If you think ethanol doesn’t coincide with political success, look to Iowa this week, where one of the Republican frontrunners for presidential nominee, Sen. Ted Cruz (R., Texas), had to do some tweaking of his policy on the renewable fuel standard (RFS) support to deal with ongoing negative press with farmers on his stance on ethanol.
At a campaign stop in Cherokee, Iowa, Cruz expressed for the first time that he would keep the RFS through 2022 but would begin to phase it down from 2017 to 2022. In 2013, Cruz introduced a bill that would have immediately repealed the RFS if it had passed. In 2014 and 2015, he would phase down the volumetric requirements in 2019 and 2020.

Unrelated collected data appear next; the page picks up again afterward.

-- ===== src/Node/Serving.antt =====
-- What an extent node answers: reads of appended blocks, and calls of `Seal` and `CommitLength`.
use mathlib.Core.Path.{subst}
use autumn.Prelude.{
  ℕ, ◌+◌, ◌*◌, ◌^◌, ◌<◌, ◌≤◌, ◌≡◌, ◌≢◌, sym, ap, true, none, some, List, [], ◌∷◌, ◌++◌, arith,
  length, All, append-nil,
}
use autumn.Prelude.Outcome.{ok}
use autumn.Extent.Device.{Fault}
use autumn.Extent.Block.{Block}
use autumn.Extent.Block.RoundTrip.{IsBlock}
use autumn.Extent.File.{Disk}
use autumn.Extent.File.Layout.{total, Holds}
use autumn.Extent.File.Append.{
  offsets_from, IsSized, all_accepted, accepted_all, HeadersIntact, all_accepted-IsBlock,
  IsBlock-IsSized,
}
use autumn.Extent.File.Read.{read_blocks-Holds}
use autumn.Node.{
  ExtentNode, Delivery, answered, not_handled, not_answered, Replicas, Weather, all_healthy, append,
  code_ok, error_to_code, serve_blocks, seal_extent, commit_length_of,
}
use autumn.Node.Replication.{IsReplica, left, took, append-IsReplica}

-- Three healthy peers at least, secondaries that answer, and devices without faults.
pub record IsCalm (env : Weather) : Type 0 where
  pub healthy : all_healthy env.healthy ≡ true
  pub three : 3 ≤ length env.healthy
  pub second : env.to_second ≡ answered
  pub third : env.to_third ≡ answered
  pub sound_primary : (n : ℕ) → env.disk_primary n ≡ (none, none)
  pub sound_second : (n : ℕ) → env.disk_second n ≡ (none, none)
  pub sound_third : (n : ℕ) → env.disk_third n ≡ (none, none)

-- Three nodes have the extent, open and with the blocks `old`. Where three healthy peers at least
-- are given, the secondaries answer, the devices have no faults, `writeBlock` accepts each of the
-- blocks, whose `BlockLength` is the length of its data, and the new length fits 32 bits, `Append`
-- returns the blocks' places behind `old`.
pub append-IsCalm :
    (env : Weather) (rs : Replicas) (id : ℕ) (old bs : List Block)
    → IsReplica rs.primary id old
    → IsReplica rs.second id old
    → IsReplica rs.third id old
    → IsCalm env
    → All IsBlock bs
    → 512 + total old + total bs < 2 ^ 32
    → (append env id bs rs).1 ≡ ok (some (offsets_from (512 + total old) bs))
append-IsCalm env rs id old bs hp hs ht calm blocks fits =
    let (p, s, t, r) =
      append-IsReplica id old bs (IsBlock-IsSized bs blocks) fits env rs hp hs ht calm.healthy
        calm.three (λ n. ap (λ (f : Fault × Fault). f.0) (calm.sound_primary n))
        (λ n. ap (λ (f : Fault × Fault). f.0) (calm.sound_second n))
        (λ n. ap (λ (f : Fault × Fault). f.0) (calm.sound_third n)) in
    let all_p = all_accepted-IsBlock env.disk_primary 0 bs calm.sound_primary blocks in
    let all_s = all_accepted-IsBlock env.disk_second 0 bs calm.sound_second blocks in
    let all_t = all_accepted-IsBlock env.disk_third 0 bs calm.sound_third blocks in
    ground (arith, r, calm.second, calm.third, all_p, all_s, all_t)

-- A replica serves the blocks at its end.
serve_blocks-IsReplica :
    (en : ExtentNode) (id : ℕ) (old : List Block) (b : Block) (bs : List Block)
    → IsReplica en id (old ++ (b ∷ bs))
    → total (b ∷ bs) ≤ 32 * 2 ^ 20
    → serve_blocks en id (512 + total old) (length (b ∷ bs)) ≡ ok (code_ok, b ∷ bs)
unfolding serve_blocks error_to_code
serve_blocks-IsReplica en id old b bs r small =
    let whole : old ++ (b ∷ bs) ≡ old ++ ((b ∷ bs) ++ []) =
      ap (λ t. old ++ t) (sym (append-nil (b ∷ bs))) in
    let h : Holds r.extent (old ++ ((b ∷ bs) ++ [])) = subst (Holds r.extent) whole r.holds in
    ground
      (arith, r.here, read_blocks-Holds r.extent old b bs [] (32 * 2 ^ 20) h small (omega arith))

took-left :
    (d : Delivery) (disk : Disk) (bs : List Block) → took d disk bs ≡ true → left d disk bs ≡ bs
took-left answered disk bs e = accepted_all disk 0 bs e
took-left not_handled disk bs e = ground arith
took-left not_answered disk bs e = ground arith

-- Three nodes have the extent, open and with the blocks `old`; the peers are healthy, three at
-- least; the length of each of the new blocks is that of its data, the new length fits 32 bits, the
-- new blocks 32 MB, and no device cuts a header short. If `Append` returns offsets, then these are
-- the blocks' places behind `old`, and each of the three nodes serves exactly the new blocks to a
-- `ReadBlocks` at the first of them.
pub serve_blocks-append :
    (env : Weather) (rs : Replicas) (id : ℕ) (old : List Block) (b : Block) (bs : List Block)
    (offsets : List ℕ)
    → IsReplica rs.primary id old
    → IsReplica rs.second id old
    → IsReplica rs.third id old
    → all_healthy env.healthy ≡ true
    → 3 ≤ length env.healthy
    → HeadersIntact env.disk_primary
    → HeadersIntact env.disk_second
    → HeadersIntact env.disk_third
    → All IsSized (b ∷ bs)
    → 512 + total old + total (b ∷ bs) < 2 ^ 32
    → total (b ∷ bs) ≤ 32 * 2 ^ 20
    → (append env id (b ∷ bs) rs).1 ≡ ok (some offsets)
    → (offsets ≡ offsets_from (512 + total old) (b ∷ bs))
      × (serve_blocks (append env id (b ∷ bs) rs).0.primary id (512 + total old) (length (b ∷ bs))
          ≡ ok (code_ok, b ∷ bs))
      × (serve_blocks (append env id (b ∷ bs) rs).0.second id (512 + total old) (length (b ∷ bs))
          ≡ ok (code_ok, b ∷ bs))
      × (serve_blocks (append env id (b ∷ bs) rs).0.third id (512 + total old) (length (b ∷ bs))
          ≡ ok (code_ok, b ∷ bs))
serve_blocks-append env rs id old b bs offsets hp hs ht healthy three ip is it sized fits small e =
    let (p, s, t, r) =
      append-IsReplica id old (b ∷ bs) sized fits env rs hp hs ht healthy three ip is it in
    let all_p : all_accepted env.disk_primary 0 (b ∷ bs) ≡ true = ground (arith, e, r) in
    let all_s : took env.to_second env.disk_second (b ∷ bs) ≡ true = ground (arith, e, r) in
    let all_t : took env.to_third env.disk_third (b ∷ bs) ≡ true = ground (arith, e, r) in
    let whole =
      λ (en : ExtentNode) (new : List Block) (h : IsReplica en id (old ++ new)) (q : new ≡ b ∷ bs).
        serve_blocks-IsReplica en id old b bs (subst (λ n. IsReplica en id (old ++ n)) q h) small in
    (
      ground (arith, e, r),
      whole _ _ p (accepted_all env.disk_primary 0 (b ∷ bs) all_p),
      whole _ _ s (took-left env.to_second env.disk_second (b ∷ bs) all_s),
      whole _ _ t (took-left env.to_third env.disk_third (b ∷ bs) all_t),
    )

-- Whatever extents an extent node has, its `Seal` changes nothing and does not succeed, and its
-- `CommitLength` does not return a length.
pub seal_extent-ne-ok :
    (en : ExtentNode) (id commit len : ℕ)
    → ((seal_extent en id commit).0 ≡ en)
      × ((seal_extent en id commit).1 ≢ ok tt)
      × (commit_length_of en id ≢ ok len)
unfolding seal_extent commit_length_of
seal_extent-ne-ok en id commit len = (ground arith, λ e. ground arith, λ e. ground arith)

The America’s Renewable Future has set a goal of educating 45,000 supporters on where the presidential candidates stand on RFS support. ARF released a final report card in January that had Cruz and Sen. Rand Paul (R., Ky.) standing out as the "bad" candidates on the report card, while the rest of the candidates on both sides of the aisle were graded as "good." The report card designates a “good” candidate as one who has demonstrated support for the RFS and Iowa farmers and a “bad” candidate as one who has stood against the RFS and Iowa farmers.
The RFS enjoys broad support from Iowa’s Democrat and Republican caucus-goers, with 76% and 61%, respectively, saying in a recent poll that they would be more likely to support a candidate who is pro-RFS.

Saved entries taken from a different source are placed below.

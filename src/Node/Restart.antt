-- ===== src/Node/Restart.antt =====
-- What `LoadExtents` finds after a restart.
use autumn.Prelude.{
  ℕ, ◌+◌, ◌^◌, ◌<◌, ◌≡◌, refl, ap, ◌∙◌, false, Option, some, List, [], ◌∷◌, ◌++◌, arith, length,
  take, if◌then◌else◌, All, ◌==◌,
}
use autumn.Prelude.Assoc.{lookup-insert}
use autumn.Prelude.Outcome.{ok}
use autumn.Extent.Block.{Block}
use autumn.Extent.Block.RoundTrip.{IsBlock, encoded}
use autumn.Extent.Header.{marshal}
use autumn.Extent.File.{DiskFile, Extent}
use autumn.Extent.File.Layout.{encodings, total}
use autumn.Extent.File.Recovery.{reopened, open_extent-torn}
use autumn.Node.{ExtentNode, get_extent, set_extent, load_extents}

-- An extent at a crash: its ID, the blocks that were written whole, the block that was being
-- written, and how much of that is in the file.
pub record Crashed : Type 0 where
  pub id : ℕ
  pub whole : List Block
  pub torn : Block
  pub written : ℕ

abbrev pub crashed_file : Crashed → DiskFile
crashed_file c = record {
  bytes = marshal c.id ++ (encodings c.whole ++ take c.written (encoded c.torn));
  seal_attr = false;
}

pub record IsCrashed (c : Crashed) : Type 0 where
  pub small_id : c.id < 2 ^ 64
  pub blocks : All IsBlock c.whole
  pub block : IsBlock c.torn
  pub partial : c.written < length (encoded c.torn)
  pub fits : 512 + total c.whole + c.written < 2 ^ 32

abbrev pub files : List Crashed → List DiskFile
files [] = []
files (c ∷ cs) = crashed_file c ∷ files cs

-- The last of the extents with an ID, as a restart opens it, or what there was before.
abbrev pub last_with : ℕ → List Crashed → Option Extent → Option Extent
last_with id [] before = before
last_with id (c ∷ cs) before =
    last_with id cs (if c.id == id then some (reopened c.id c.whole) else before)

-- After a crash in the middle of appends to any number of extents, `LoadExtents` finds each extent
-- again: under every ID the node has the extent of the last file with that ID, open, with the
-- blocks that were written whole and the torn block cut off, and under other IDs what it had
-- before. (IDs are below 2^64, and files shorter than 2^32 bytes.)
pub load_extents-files :
    (cs : List Crashed) (en : ExtentNode)
    → All IsCrashed cs
    → (en' : ExtentNode) × (load_extents (files cs) en ≡ some (ok en'))
      × ((id : ℕ) → get_extent en' id ≡ last_with id cs (get_extent en id))
unfolding load_extents
load_extents-files [] en h = (en, refl, λ id. refl)
load_extents-files (c ∷ cs) en (h, hs) =
    let opened =
      open_extent-torn c.id c.whole c.torn c.written h.small_id h.blocks h.block h.partial h.fits in
    let ex = reopened c.id c.whole in
    let (en', e, found) = load_extents-files cs (set_extent c.id ex en) hs in
    (
      en',
      ground (arith, opened, e),
      λ id.
          found id
          ∙ ap (last_with id cs)
              (unfold get_extent set_extent in lookup-insert c.id id ex en.extent_map),
    )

A 2012 survey by Farmers Pulse Opinion Research indicated that 76% of farmers believe the RFS is “very important” or “somewhat important” to “the future profitability of agriculture in the U.S." Interestingly, that higher level of support for the RFS came from a sample in which 71% of the voters contacted indicated that they “strongly disapprove” of President Barack Obama’s job performance.
“The RFS is a rare issue that cuts across party lines and deals directly with rural economics,” National Farmers Union (NFU) president Roger Johnson said.

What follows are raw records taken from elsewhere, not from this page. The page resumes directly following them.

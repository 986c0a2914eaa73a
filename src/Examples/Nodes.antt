-- ===== src/Examples/Nodes.antt =====
-- The theorems on extent nodes at concrete nodes.
use autumn.Prelude.{
  ℕ, ◌^◌, ◌<◌, ◌≡◌, refl, true, ◌&&◌, none, some, List, [], ◌∷◌, ◌++◌, arith, if◌then◌else◌,
}
use autumn.Prelude.Outcome.{ok, err, failed}
use autumn.Extent.Block.{Block}
use autumn.Extent.Block.RoundTrip.{length-encoded}
use autumn.Extent.File.{Disk}
use autumn.Extent.File.Append.{offsets_from, IsSized, accepted, all_accepted}
use autumn.Node.{
  ExtentNode, get_extent, answered, not_answered, spt, Replicas, Weather, append, code_ok,
  serve_blocks, load_extents,
}
use autumn.Node.Replication.{IsReplica, left, took, append-IsReplica}
use autumn.Node.Serving.{IsCalm, append-IsCalm, serve_blocks-append}
use autumn.Node.Restart.{Crashed, IsCrashed, files, last_with, load_extents-files}
use autumn.Examples.Extents.{block, block-IsBlock, two_blocks, two_blocks-Holds, faulty}

abbrev blocks : List Block
blocks = block ∷ block ∷ []

abbrev node : ExtentNode
node = record { extent_map = (7, two_blocks) ∷ [] }

abbrev replicas : Replicas
replicas = record { primary = node; second = node; third = node }

node-IsReplica : IsReplica node 7 blocks
unfolding get_extent
node-IsReplica = record {
  extent = two_blocks;
  here = refl;
  unsealed = refl;
  holds = two_blocks-Holds;
}

abbrev sound : Disk
sound n = (none, none)

-- The second node's device fails, and the third's answer is lost.
abbrev storm : Weather
storm = record {
  healthy = true ∷ true ∷ true ∷ [];
  to_second = answered;
  to_third = not_answered;
  order = spt;
  disk_primary = sound;
  disk_second = faulty;
  disk_third = sound;
}

block-IsSized : IsSized block
block-IsSized = record { sized = refl; word = omega arith }

append-IsReplica_example :
    IsReplica (append storm 7 blocks replicas).0.primary 7 (blocks ++ accepted sound 0 blocks)
    × IsReplica (append storm 7 blocks replicas).0.second 7 (blocks ++ left answered faulty blocks)
    × IsReplica
        (append storm 7 blocks replicas).0.third
        7
        (blocks ++ left not_answered sound blocks)
    × ((append storm 7 blocks replicas).1 ≡ (
        if all_accepted sound 0 blocks
          && took answered faulty blocks
          && took not_answered sound blocks
        then ok (some (offsets_from 2560 blocks))
        else err failed))
append-IsReplica_example =
    append-IsReplica 7 blocks blocks (block-IsSized, (block-IsSized, tt)) (omega arith) storm
      replicas node-IsReplica node-IsReplica node-IsReplica refl (omega arith) (λ n. refl)
      (λ n. refl) (λ n. refl)

abbrev calm : Weather
calm = record storm { to_third = answered; disk_second = sound }

calm-IsCalm : IsCalm calm
calm-IsCalm = record {
  healthy = refl;
  three = omega arith;
  second = refl;
  third = refl;
  sound_primary = λ n. refl;
  sound_second = λ n. refl;
  sound_third = λ n. refl;
}

append-IsCalm_example : (append calm 7 blocks replicas).1 ≡ ok (some (2560 ∷ 3584 ∷ []))
append-IsCalm_example =
    append-IsCalm calm replicas 7 blocks blocks node-IsReplica node-IsReplica node-IsReplica
      calm-IsCalm (block-IsBlock, (block-IsBlock, tt)) (omega arith)

serve_blocks-append_example :
    (2560 ∷ 3584 ∷ [] ≡ offsets_from 2560 blocks)
    × (serve_blocks (append calm 7 blocks replicas).0.primary 7 2560 2 ≡ ok (code_ok, blocks))
    × (serve_blocks (append calm 7 blocks replicas).0.second 7 2560 2 ≡ ok (code_ok, blocks))
    × (serve_blocks (append calm 7 blocks replicas).0.third 7 2560 2 ≡ ok (code_ok, blocks))
serve_blocks-append_example =
    serve_blocks-append calm replicas 7 blocks block (block ∷ []) (2560 ∷ 3584 ∷ []) node-IsReplica
      node-IsReplica node-IsReplica refl (omega arith) (λ n. refl) (λ n. refl) (λ n. refl)
      (block-IsSized, (block-IsSized, tt)) (omega arith) (omega arith) succeeds
  where
    succeeds : (append calm 7 blocks replicas).1 ≡ ok (some (2560 ∷ 3584 ∷ []))
    succeeds =
        append-IsCalm calm replicas 7 blocks blocks node-IsReplica node-IsReplica node-IsReplica
          calm-IsCalm (block-IsBlock, (block-IsBlock, tt)) (omega arith)

-- Two extents at a crash.
abbrev crash : ℕ → Crashed
crash id = record { id = id; whole = block ∷ []; torn = block; written = 700 }

load_extents-files_example :
    (en : ExtentNode) × (load_extents (files (crash 7 ∷ crash 8 ∷ [])) (record { extent_map = [] })
      ≡ some (ok en))
    × ((id : ℕ)
        → get_extent en id
          ≡ last_with id (crash 7 ∷ crash 8 ∷ []) (get_extent (record { extent_map = [] }) id))
load_extents-files_example =
    load_extents-files (crash 7 ∷ crash 8 ∷ []) (record { extent_map = [] })
      (is_crashed 7 (omega arith), (is_crashed 8 (omega arith), tt))
  where
    is_crashed : (id : ℕ) → id < 2 ^ 64 → IsCrashed (crash id)
    is_crashed id h = record {
      small_id = h;
      blocks = (block-IsBlock, tt);
      block = block-IsBlock;
      partial = omega (arith, length-encoded block block-IsBlock);
      fits = omega arith;
    }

NFU commissioned a survey from HaystaqDNA that targeted likely voters in six districts in rural states that flipped from Democrat to Republican in recent elections.
Five of the districts surveyed flipped into the Republican column during the 2010 election that gave Republicans control of the Senate, and one flipped in 2014. Johnson noted that support for the RFS outweighed opposition in five out of the six districts surveyed.
“Self-identified moderates constituted 39% of the electorate surveyed in the poll, and by a two-to-one margin, these voters said that support for the RFS will make them more likely to vote for a congressional candidate versus voters who say it will make them less likely to support that candidate,” Johnson said.
Ryan Fitzpatrick, deputy director of the Clean Energy Program for the Third Way Democrat think tank, added that self-identified moderates have constituted a plurality of the general election electorate in every presidential election since 1976. Voters identifying themselves as moderates have also made up a plurality of the voters supporting the Democrat nominee in every presidential election in the same time period.
As a group, these moderate voters tend to lean more Democrat than the overall sample, but nearly a third (32%) report that they tend to split their votes equally between Democrats and Republicans.
“These are precisely the voters that make a difference in close races in the potentially competitive districts the survey examined,” Fitzpatrick said. “The RFS is not a silver bullet in these districts, but it is an issue that uniquely cuts across party lines in terms of support and affords Democrats the opportunity to build support among swing voters.”